Classification of primary injury in neurotrauma

Primary injuries are classified as follows:

  • Skull fracture

  • Concussion

  • Contusion

  • Intracranial haematoma

  • Diffuse axonal injury

  • Penetrating injury

Skull fracture

The significance of skull fracture is not related to the specific bony injury but rather the associated neurotrauma. Fractures in the region of the middle meningeal artery in particular may be associated with acute extradural haemorrhage. Fractures involving the skull base and cribriform plate may be associated with cerebrospinal fluid (CSF) leak and the risk of secondary infection. Depressed skull fractures may compress underlying structures, cause secondary brain injury and require surgical elevation. Injury to underlying structures may result in secondary epilepsy.

Concussion

Concussion is a transient alteration in cerebral function, usually associated with loss of consciousness (LOC) and often followed by a rapid recovery. The proposed mechanism is a disturbance in the function of the reticular activating system. Post-concussive syndromes, including headache and mild cognitive disturbance, are common.

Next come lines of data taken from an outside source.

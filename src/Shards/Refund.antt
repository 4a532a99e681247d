-- ===== src/Shards/Refund.antt =====
-- app/shards/store.py: `refund` and `reverse_refund` of `InMemoryShardStore`, the two changes that
-- keep their own totals in the wallet.
use ggumirror_be.Base.{ℕ, true, false, Option, none, some, [], ◌∷◌, ◌++◌, if◌then◌else◌}
use ggumirror_be.Base.Int.{ℤ, pos, ◌+ℤ◌, ◌-ℤ◌, neg, min_ℤ, ltb_ℤ, leb_ℤ}
use ggumirror_be.Base.Text.{Text, codes, text_eq, pair_eq}
use ggumirror_be.Base.Dict.{get, insert}
use ggumirror_be.Base.Exec.{
  Error, Result, ok, err, purchase_claim_missing, refund_record_missing, refund_not_yet_processed,
}
use ggumirror_be.Shards.Models.{
  iap_refund, iap_refund_reversed, ShardWallet, ShardLedgerEntry, text, int, time, Document,
  int_or_zero, text_of, optional_text, DocumentKey, RefundPlan, ShardRefundResult,
  ShardRefundReversalResult,
}
use ggumirror_be.Shards.Store.{ShardStore, wallet, new_entry}

-- `{**document, **fields}`
unfoldable pub merge : Document → Document → Document
merge d [] = d
merge d ((k, v) ∷ fields) = merge (insert k v d) fields

-- `claims.get(key)`, where an empty document counts as none
abbrev pub nonempty : Option Document → Option Document
nonempty (some (p ∷ d)) = some (p ∷ d)
nonempty _ = none

abbrev pub document_at : ShardStore → DocumentKey → Option Document
document_at s k = get (k.collection, k.key) s.claims

unfoldable pub refunded_wallet : ShardWallet → Text → ℤ → ℕ → ShardWallet
refunded_wallet current u recovered now = record {
  user_id = u;
  balance = current.balance -ℤ recovered;
  lifetime_earned = current.lifetime_earned;
  lifetime_spent = current.lifetime_spent;
  lifetime_refunded = current.lifetime_refunded +ℤ recovered;
  lifetime_refund_reversed = current.lifetime_refund_reversed;
  created_at = current.created_at;
  updated_at = now;
}

unfoldable pub refund_entry : ShardWallet → Text → ℤ → Text → ℕ → ShardLedgerEntry
refund_entry current u recovered key now =
    new_entry key u (neg recovered) (current.balance -ℤ recovered) iap_refund (some key) now

unfoldable pub refund_document : Document → RefundPlan → Text → ℤ → Option Text → ℕ → Document
unfolding merge
refund_document document plan u recovered entry_id now = insert (codes "createdAt") (time now) (
    insert (codes "ledgerEntryId") (optional_text entry_id) (
      insert (codes "unrecoveredAmount") (int (plan.requested -ℤ recovered)) (
        insert (codes "recoveredAmount") (int recovered) (
          insert (codes "requestedAmount") (int plan.requested)
            (insert (codes "userId") (text u) (merge document plan.fields))))))

-- What a call of `refund` asks for.
pub record RefundRequest : Type 0 where
  pub user_id : Text
  pub purchase : DocumentKey
  pub target : DocumentKey
  pub document : Document
  pub key : Text
  pub plan : Document → Result RefundPlan

unfoldable pub recoverable : ShardStore → Text → RefundPlan → ℕ → ℤ
recoverable s u plan now = min_ℤ (wallet s now u).balance plan.requested

-- The ledger line and the wallet, which change only if something was recovered.
unfoldable pub write_recovery : Text → Text → ℤ → ℕ → ShardStore → ShardStore
write_recovery u key recovered now s =
    let entry = refund_entry (wallet s now u) u recovered key now in
    record s {
      wallets = insert u (refunded_wallet (wallet s now u) u recovered now) s.wallets;
      entries = s.entries ++ entry ∷ [];
      applied = insert key entry s.applied;
    }

unfoldable pub recover : Text → Text → ℤ → ℕ → ShardStore → ShardStore
recover u key recovered now s =
    if ltb_ℤ (pos 0) recovered then write_recovery u key recovered now s else s

unfoldable pub recovery_id : Text → ℤ → Option Text
recovery_id key recovered = if ltb_ℤ (pos 0) recovered then some key else none

unfoldable pub refund_new :
    RefundRequest → RefundPlan → ℕ → ShardStore → Result ShardRefundResult × ShardStore
refund_new r plan now s =
    let recovered = recoverable s r.user_id plan now in
    let s' = recover r.user_id r.key recovered now s in
    let entry_id = recovery_id r.key recovered in
    let doc = refund_document r.document plan r.user_id recovered entry_id now in
    (
      ok (record {
        wallet = wallet s' now r.user_id;
        requested = plan.requested;
        recovered = recovered;
        applied = true;
        ledger_entry_id = entry_id;
      }),
      record s' { claims = insert (r.target.collection, r.target.key) doc s'.claims },
    )

-- The outcome that an earlier call of the same refund recorded.
unfoldable pub refund_again : RefundRequest → Document → ℕ → ShardStore → ShardRefundResult
refund_again r existing now s = record {
  wallet = wallet s now r.user_id;
  requested = int_or_zero (get (codes "requestedAmount") existing);
  recovered = int_or_zero (get (codes "recoveredAmount") existing);
  applied = false;
  ledger_entry_id = text_of (get (codes "ledgerEntryId") existing);
}

abbrev pub refund_recorded :
    RefundRequest
    → RefundPlan
    → ℕ
    → ShardStore
    → Option Document
    → Result ShardRefundResult × ShardStore
refund_recorded r plan now s (some existing) = (ok (refund_again r existing now s), s)
refund_recorded r plan now s none = refund_new r plan now s

abbrev pub refund_planned :
    RefundRequest → ℕ → ShardStore → Result RefundPlan → Result ShardRefundResult × ShardStore
refund_planned r now s (err e) = (err e, s)
refund_planned r now s (ok plan) = refund_recorded r plan now s (nonempty (document_at s r.target))

abbrev pub refund_claimed :
    RefundRequest → ℕ → ShardStore → Option Document → Result ShardRefundResult × ShardStore
refund_claimed r now s none = (err purchase_claim_missing, s)
refund_claimed r now s (some claim) = refund_planned r now s (r.plan claim)

unfoldable pub refund_purchase :
    RefundRequest → ℕ → ShardStore → Result ShardRefundResult × ShardStore
refund_purchase r now s = refund_claimed r now s (document_at s r.purchase)

-- What a call of `reverse_refund` asks for.
pub record ReversalRequest : Type 0 where
  pub user_id : Text
  pub purchase : DocumentKey
  pub target : DocumentKey
  pub key : Text
  pub remaining : Document → Result ℤ

unfoldable pub restored_wallet : ShardWallet → Text → ℤ → ℕ → ShardWallet
restored_wallet current u restorable now = record {
  user_id = u;
  balance = current.balance +ℤ restorable;
  lifetime_earned = current.lifetime_earned;
  lifetime_spent = current.lifetime_spent;
  lifetime_refunded = current.lifetime_refunded;
  lifetime_refund_reversed = current.lifetime_refund_reversed +ℤ restorable;
  created_at = current.created_at;
  updated_at = now;
}

unfoldable pub reversal_entry : ShardWallet → Text → ℤ → Text → ℕ → ShardLedgerEntry
reversal_entry current u restorable key now =
    new_entry key u restorable (current.balance +ℤ restorable) iap_refund_reversed (some key) now

unfoldable pub reversed_document : Document → ℤ → Text → ℕ → Document
reversed_document existing restorable key now = insert (codes "reversedAt") (time now) (
    insert (codes "reversalLedgerEntryId") (text key) (
      insert (codes "reversedAmount")
        (int (int_or_zero (get (codes "reversedAmount") existing) +ℤ restorable)) existing))

unfoldable pub write_reversal : ReversalRequest → Document → ℤ → ℕ → ShardStore → ShardStore
write_reversal r existing restorable now s =
    let entry = reversal_entry (wallet s now r.user_id) r.user_id restorable r.key now in
    record s {
      wallets =
          insert r.user_id (restored_wallet (wallet s now r.user_id) r.user_id restorable now)
            s.wallets;
      entries = s.entries ++ entry ∷ [];
      applied = insert r.key entry s.applied;
      claims =
          insert (r.target.collection, r.target.key)
            (reversed_document existing restorable r.key now) s.claims;
    }

unfoldable pub reverse_new :
    ReversalRequest → Document → ℤ → ℕ → ShardStore → Result ShardRefundReversalResult × ShardStore
reverse_new r existing restorable now s =
    if leb_ℤ restorable (pos 0)
    then (
      ok (record {
        wallet = wallet s now r.user_id;
        restored = pos 0;
        applied = false;
        ledger_entry_id = text_of (get (codes "reversalLedgerEntryId") existing);
      }),
      s,
    )
    else (
      ok (record {
        wallet = restored_wallet (wallet s now r.user_id) r.user_id restorable now;
        restored = restorable;
        applied = true;
        ledger_entry_id = some r.key;
      }),
      write_reversal r existing restorable now s,
    )

abbrev pub reverse_remaining :
    ReversalRequest
    → Document
    → ℕ
    → ShardStore
    → Result ℤ
    → Result ShardRefundReversalResult × ShardStore
reverse_remaining r existing now s (err e) = (err e, s)
reverse_remaining r existing now s (ok restorable) = reverse_new r existing restorable now s

-- No record: what is missing says whether the refund may still arrive.
abbrev pub missing_record : Option Document → Error
missing_record none = refund_record_missing
missing_record (some claim) = refund_not_yet_processed

abbrev pub reverse_recorded :
    ReversalRequest
    → ℕ
    → ShardStore
    → Option Document
    → Result ShardRefundReversalResult × ShardStore
reverse_recorded r now s none = (err (missing_record (document_at s r.purchase)), s)
reverse_recorded r now s (some existing) = reverse_remaining r existing now s (r.remaining existing)

unfoldable pub reverse_refund :
    ReversalRequest → ℕ → ShardStore → Result ShardRefundReversalResult × ShardStore
reverse_refund r now s = reverse_recorded r now s (document_at s r.target)
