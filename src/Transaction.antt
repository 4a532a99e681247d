-- ===== src/Transaction.antt =====
-- app/shards/store.py, `InMemoryTransaction`: writes are collected and run at the commit; where
-- one raises, those that ran are undone, newest first. A write returns its undo.
pub mod Atomic
pub mod Total
pub mod Tests
use ggumirror_be.Base.{ℕ, ◌+◌, List, [], ◌∷◌, ◌++◌}
use ggumirror_be.Base.Exec.{Error, Result, ok, err}

-- What a write does when it runs: a new state with the function that takes it back, or a raise
-- before anything is written.
pub data Attempt (W : Type 0) : Type 0 where
  done : W → (W → W) → Attempt W
  failed : Error → Attempt W

abbrev pub Write : Type 0 → Type 0
Write W = W → Attempt W

pub record InMemoryTransaction (W : Type 0) : Type 0 where
  pub writes : List (Write W)
  pub commits : ℕ

abbrev pub new_transaction : {W : Type 0} → InMemoryTransaction W
new_transaction = record { writes = []; commits = 0 }

unfoldable pub add : {W : Type 0} → Write W → InMemoryTransaction W → InMemoryTransaction W
add write tx = record tx { writes = tx.writes ++ write ∷ [] }

unfoldable pub unwind : {W : Type 0} → List (W → W) → W → W
unwind [] w = w
unwind (undo ∷ undos) w = unwind undos (undo w)

-- The loop of `commit`, with the undos of the writes that ran.
unfoldable pub run_writes : {W : Type 0} → List (Write W) → List (W → W) → W → Result (Unit {0}) × W
unfolding unwind
run_writes [] undos w = (ok tt, w)
run_writes (write ∷ rest) undos w = elim (write w) [
  | done w' undo ↦ run_writes rest (undo ∷ undos) w'
  | failed e ↦ (err e, unwind undos w)
]

abbrev count_commit :
    {W : Type 0} → Result (Unit {0}) → InMemoryTransaction W → InMemoryTransaction W
count_commit (ok _) tx = record { writes = []; commits = tx.commits + 1 }
count_commit (err _) tx = record { writes = []; commits = tx.commits }

unfoldable pub commit :
    {W : Type 0} → InMemoryTransaction W → W → Result (Unit {0}) × InMemoryTransaction W × W
commit tx w = let (r, w') = run_writes tx.writes [] w in (r, count_commit r tx, w')

-- A write of one part of a larger state.
abbrev within_attempt : {S W : Type 0} → (W → S) → (S → W → W) → W → Attempt S → Attempt W
within_attempt view put w (done s undo) = done (put s w) (λ w'. put (undo (view w')) w')
within_attempt view put w (failed e) = failed e

unfoldable pub within : {S W : Type 0} → (W → S) → (S → W → W) → Write S → Write W
within view put write w = within_attempt view put w (write (view w))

Symptoms, particularly headache, are usually short-lived but may persist. ‘Second-impact syndrome’ describes a greater risk of significant re-injury following an initial injury causing a simple concussion. It is likely to be due to diffuse cerebral swelling. In animal models, concussion may be associated with modest short-term increases in ICP and disturbances in cerebral cellular function.

Contusion

Cerebral contusion is bruising of the brain substance associated with head trauma. Forces involved are less than those required to cause major shearing injuries and often occur in the absence of skull fracture. Morbidity is related to the size and site of the contusion and coexistent injury. Larger contusions may be associated with haematoma formation, secondary oedema or seizure activity. The most common sites for contusions are the frontal and temporal lobes.

Intracranial haematoma

Extradural

Extradural haematoma (EDH) is uncommon but classically associated with a fracture of the temporal bone and injury to the underlying middle meningeal artery. Haemorrhage subsequently occurs, stripping the dura from the skull and expanding to cause a rise in ICP and eventually uncal herniation and death. Haemorrhage may be from vessels other than the middle meningeal artery (e.g. brisk arteriolar or venous bleeding). Signs will depend on the site of the haematoma.

Subdural

Subdural haematomata (SDH) may have an acute, subacute or chronic course. They generally follow moderate head trauma with LOC. In the elderly, SDH may be associated with trivial injury and in children with shaking (abuse) injury. Haemorrhage occurs into the subdural space, slowly enlarging to cause a space-occupying collection whose functional implications will vary according to location. The mortality from acute SDH is high (approximately 30%) but this represents a decrease over recent decades. Subacute and chronic SDH may be associated with a degree of cerebral dysfunction, headache or other symptomatology and with a significantly lower mortality compared with acute SDH.